-- EXTRACTED MATERIAL follows --
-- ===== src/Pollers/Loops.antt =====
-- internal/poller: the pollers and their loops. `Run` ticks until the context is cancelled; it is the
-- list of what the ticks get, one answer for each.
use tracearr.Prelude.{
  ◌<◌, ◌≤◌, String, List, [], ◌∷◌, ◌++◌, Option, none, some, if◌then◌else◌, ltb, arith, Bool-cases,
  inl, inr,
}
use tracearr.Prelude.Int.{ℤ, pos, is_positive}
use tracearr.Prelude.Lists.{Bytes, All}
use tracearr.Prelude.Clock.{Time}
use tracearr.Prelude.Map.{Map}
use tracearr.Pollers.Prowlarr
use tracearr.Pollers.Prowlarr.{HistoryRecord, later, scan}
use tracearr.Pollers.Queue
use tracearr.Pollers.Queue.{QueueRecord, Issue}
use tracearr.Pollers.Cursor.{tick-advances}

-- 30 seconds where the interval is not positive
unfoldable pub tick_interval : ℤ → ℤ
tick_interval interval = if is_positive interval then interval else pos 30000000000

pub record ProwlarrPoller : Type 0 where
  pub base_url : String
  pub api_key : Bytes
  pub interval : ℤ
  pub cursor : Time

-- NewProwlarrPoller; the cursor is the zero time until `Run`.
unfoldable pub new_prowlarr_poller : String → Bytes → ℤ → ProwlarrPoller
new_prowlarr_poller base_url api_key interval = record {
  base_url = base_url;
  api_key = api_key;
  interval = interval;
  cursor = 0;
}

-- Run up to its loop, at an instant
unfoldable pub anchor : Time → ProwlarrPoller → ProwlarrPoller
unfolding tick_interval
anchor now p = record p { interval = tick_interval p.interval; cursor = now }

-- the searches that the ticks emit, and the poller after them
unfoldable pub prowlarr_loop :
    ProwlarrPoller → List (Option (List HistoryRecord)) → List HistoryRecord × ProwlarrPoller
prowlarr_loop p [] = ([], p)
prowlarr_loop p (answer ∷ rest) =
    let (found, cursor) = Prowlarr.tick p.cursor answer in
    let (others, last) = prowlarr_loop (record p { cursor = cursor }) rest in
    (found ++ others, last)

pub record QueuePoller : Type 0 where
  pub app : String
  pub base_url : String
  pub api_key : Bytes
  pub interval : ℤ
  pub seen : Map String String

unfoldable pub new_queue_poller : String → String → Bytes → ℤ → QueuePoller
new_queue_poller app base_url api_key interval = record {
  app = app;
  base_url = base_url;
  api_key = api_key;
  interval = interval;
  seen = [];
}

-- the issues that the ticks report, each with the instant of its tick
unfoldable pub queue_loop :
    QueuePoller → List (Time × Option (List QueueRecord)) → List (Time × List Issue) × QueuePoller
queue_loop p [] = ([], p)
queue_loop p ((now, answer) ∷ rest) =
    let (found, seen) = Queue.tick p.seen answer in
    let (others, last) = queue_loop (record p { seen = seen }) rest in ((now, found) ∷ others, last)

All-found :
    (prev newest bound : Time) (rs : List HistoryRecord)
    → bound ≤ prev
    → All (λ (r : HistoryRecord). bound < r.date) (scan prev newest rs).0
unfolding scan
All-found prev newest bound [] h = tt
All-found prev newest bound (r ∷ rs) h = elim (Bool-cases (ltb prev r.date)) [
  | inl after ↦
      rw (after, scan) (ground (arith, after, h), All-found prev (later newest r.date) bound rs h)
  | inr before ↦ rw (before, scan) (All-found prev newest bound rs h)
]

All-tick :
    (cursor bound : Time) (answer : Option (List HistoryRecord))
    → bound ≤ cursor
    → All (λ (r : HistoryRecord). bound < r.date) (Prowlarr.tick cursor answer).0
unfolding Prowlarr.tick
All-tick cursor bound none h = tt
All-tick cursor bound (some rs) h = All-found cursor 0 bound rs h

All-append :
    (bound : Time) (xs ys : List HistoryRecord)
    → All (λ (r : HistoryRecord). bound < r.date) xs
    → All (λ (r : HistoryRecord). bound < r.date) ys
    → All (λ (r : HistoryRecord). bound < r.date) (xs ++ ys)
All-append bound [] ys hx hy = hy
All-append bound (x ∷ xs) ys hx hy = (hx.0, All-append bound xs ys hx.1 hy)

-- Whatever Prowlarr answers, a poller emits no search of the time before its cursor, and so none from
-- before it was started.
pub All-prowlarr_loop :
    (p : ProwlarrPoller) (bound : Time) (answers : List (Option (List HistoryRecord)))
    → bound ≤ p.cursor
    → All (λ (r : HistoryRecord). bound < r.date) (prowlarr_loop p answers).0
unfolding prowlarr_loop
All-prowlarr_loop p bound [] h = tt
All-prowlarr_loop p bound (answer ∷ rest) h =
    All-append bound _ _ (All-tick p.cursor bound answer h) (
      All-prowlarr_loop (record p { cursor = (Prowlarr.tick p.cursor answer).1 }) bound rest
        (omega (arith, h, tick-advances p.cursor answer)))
-- EXTRACTED MATERIAL concluded --
**EXERCISE REQUIREMENTS**
Copy every entry exactly; no part may be left out.

**SOLUTION FOR THIS TASK**
-- ===== src/Pollers/Loops.antt =====
-- internal/poller: the pollers and their loops. `Run` ticks until the context is cancelled; it is the
-- list of what the ticks get, one answer for each.
use tracearr.Prelude.{
  ◌<◌, ◌≤◌, String, List, [], ◌∷◌, ◌++◌, Option, none, some, if◌then◌else◌, ltb, arith, Bool-cases,
  inl, inr,
}
use tracearr.Prelude.Int.{ℤ, pos, is_positive}
use tracearr.Prelude.Lists.{Bytes, All}
use tracearr.Prelude.Clock.{Time}
use tracearr.Prelude.Map.{Map}
use tracearr.Pollers.Prowlarr
use tracearr.Pollers.Prowlarr.{HistoryRecord, later, scan}
use tracearr.Pollers.Queue
use tracearr.Pollers.Queue.{QueueRecord, Issue}
use tracearr.Pollers.Cursor.{tick-advances}

-- 30 seconds where the interval is not positive
unfoldable pub tick_interval : ℤ → ℤ
tick_interval interval = if is_positive interval then interval else pos 30000000000

pub record ProwlarrPoller : Type 0 where
  pub base_url : String
  pub api_key : Bytes
  pub interval : ℤ
  pub cursor : Time

-- NewProwlarrPoller; the cursor is the zero time until `Run`.
unfoldable pub new_prowlarr_poller : String → Bytes → ℤ → ProwlarrPoller
new_prowlarr_poller base_url api_key interval = record {
  base_url = base_url;
  api_key = api_key;
  interval = interval;
  cursor = 0;
}

-- Run up to its loop, at an instant
unfoldable pub anchor : Time → ProwlarrPoller → ProwlarrPoller
unfolding tick_interval
anchor now p = record p { interval = tick_interval p.interval; cursor = now }

-- the searches that the ticks emit, and the poller after them
unfoldable pub prowlarr_loop :
    ProwlarrPoller → List (Option (List HistoryRecord)) → List HistoryRecord × ProwlarrPoller
prowlarr_loop p [] = ([], p)
prowlarr_loop p (answer ∷ rest) =
    let (found, cursor) = Prowlarr.tick p.cursor answer in
    let (others, last) = prowlarr_loop (record p { cursor = cursor }) rest in
    (found ++ others, last)

pub record QueuePoller : Type 0 where
  pub app : String
  pub base_url : String
  pub api_key : Bytes
  pub interval : ℤ
  pub seen : Map String String

unfoldable pub new_queue_poller : String → String → Bytes → ℤ → QueuePoller
new_queue_poller app base_url api_key interval = record {
  app = app;
  base_url = base_url;
  api_key = api_key;
  interval = interval;
  seen = [];
}

-- the issues that the ticks report, each with the instant of its tick
unfoldable pub queue_loop :
    QueuePoller → List (Time × Option (List QueueRecord)) → List (Time × List Issue) × QueuePoller
queue_loop p [] = ([], p)
queue_loop p ((now, answer) ∷ rest) =
    let (found, seen) = Queue.tick p.seen answer in
    let (others, last) = queue_loop (record p { seen = seen }) rest in ((now, found) ∷ others, last)

All-found :
    (prev newest bound : Time) (rs : List HistoryRecord)
    → bound ≤ prev
    → All (λ (r : HistoryRecord). bound < r.date) (scan prev newest rs).0
unfolding scan
All-found prev newest bound [] h = tt
All-found prev newest bound (r ∷ rs) h = elim (Bool-cases (ltb prev r.date)) [
  | inl after ↦
      rw (after, scan) (ground (arith, after, h), All-found prev (later newest r.date) bound rs h)
  | inr before ↦ rw (before, scan) (All-found prev newest bound rs h)
]

All-tick :
    (cursor bound : Time) (answer : Option (List HistoryRecord))
    → bound ≤ cursor
    → All (λ (r : HistoryRecord). bound < r.date) (Prowlarr.tick cursor answer).0
unfolding Prowlarr.tick
All-tick cursor bound none h = tt
All-tick cursor bound (some rs) h = All-found cursor 0 bound rs h

All-append :
    (bound : Time) (xs ys : List HistoryRecord)
    → All (λ (r : HistoryRecord). bound < r.date) xs
    → All (λ (r : HistoryRecord). bound < r.date) ys
    → All (λ (r : HistoryRecord). bound < r.date) (xs ++ ys)
All-append bound [] ys hx hy = hy
All-append bound (x ∷ xs) ys hx hy = (hx.0, All-append bound xs ys hx.1 hy)

-- Whatever Prowlarr answers, a poller emits no search of the time before its cursor, and so none from
-- before it was started.
pub All-prowlarr_loop :
    (p : ProwlarrPoller) (bound : Time) (answers : List (Option (List HistoryRecord)))
    → bound ≤ p.cursor
    → All (λ (r : HistoryRecord). bound < r.date) (prowlarr_loop p answers).0
unfolding prowlarr_loop
All-prowlarr_loop p bound [] h = tt
All-prowlarr_loop p bound (answer ∷ rest) h =
    All-append bound _ _ (All-tick p.cursor bound answer h) (
      All-prowlarr_loop (record p { cursor = (Prowlarr.tick p.cursor answer).1 }) bound rest
        (omega (arith, h, tick-advances p.cursor answer)))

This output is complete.